RECORDS SHOWN
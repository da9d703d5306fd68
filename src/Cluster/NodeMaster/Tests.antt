-- ===== src/Cluster/NodeMaster/Tests.antt =====
-- The master process of packages/teraslice/lib/cluster/node_master.js with a limit of two workers.
use teraslice.Cluster.NodeMaster.{Child, Create, Master, workers_create, run_exclusive}
use teraslice.Cluster.NodeMaster.Limit.{
  is_worker, workers_of, wanted, Within, here, next, asks, turns, Reach-limit,
}
use teraslice.Cluster.NodeMaster.Stopping.{
  Seen, begin_shutdown, shutdown_ticks, begin_shutdown-ends,
}
use teraslice.Base.{
  ℕ, zero, suc, ◌≤◌, ◌≡◌, refl, true, false, none, List, [], ◌∷◌, arith, if◌then◌else◌, length, All,
}

abbrev child : Create → Child
child r = record {
  worker_id = "1";
  assignment = if r.is_controller then "execution_controller" else "worker";
  pid = 7;
  ex_id = r.ex_id;
  job_id = "j1";
  assets = none;
  is_dead = false;
}

abbrev start : ℕ → Create → List Child
start zero r = []
start (suc n) r = child r ∷ start n r

start_length : (n : ℕ) (r : Create) → length (start n r) ≡ n
start_length zero r = refl
start_length (suc n) r = omega (arith, start_length n r)

controller_child : (r : Create) → r.is_controller ≡ true → is_worker (child r) ≡ false
controller_child r h = rw h refl

start_no_worker : (n : ℕ) (r : Create) → r.is_controller ≡ true → workers_of (start n r) ≡ 0
start_no_worker zero r h = refl
start_no_worker (suc n) r h = rw (controller_child r h) (start_no_worker n r h)

abbrev master : Master
master = record { children = []; pending_allocations = 0; waiting = []; answers = [] }

abbrev request : Create
request = record { ex_id = "e1"; workers = 3; is_controller = false }

Reach-limit_example :
    let n = run_exclusive 2 start true (workers_create 2 request master) in
    (workers_of n.children ≤ 2) × (n.pending_allocations ≡ wanted n.waiting) × All Within n.answers
Reach-limit_example =
    Reach-limit 2 start start_length start_no_worker master
      (run_exclusive 2 start true (workers_create 2 request master))
      (next (next here (asks request refl)) (turns true)) (omega arith) refl refl refl

-- The action is never complete.
abbrev seen : ℕ → List Seen
seen zero = []
seen (suc n) = record { done = false; ids = []; children = [] } ∷ seen n

begin_shutdown-ends_example :
    let r = shutdown_ticks true (seen 17) (begin_shutdown 200 false [] []) in
    (r.is_set ≡ false) × (1 ≤ r.responses) × (r.responses ≤ 2)
begin_shutdown-ends_example =
    begin_shutdown-ends true false 200 16 [] [] (seen 17) (omega arith) refl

TASK
Check each line of the data for "Reach". Copy the lines where it turns up.

SOLVED EXERCISE
  is_worker, workers_of, wanted, Within, here, next, asks, turns, Reach-limit,
Reach-limit_example :
Reach-limit_example =
    Reach-limit 2 start start_length start_no_worker master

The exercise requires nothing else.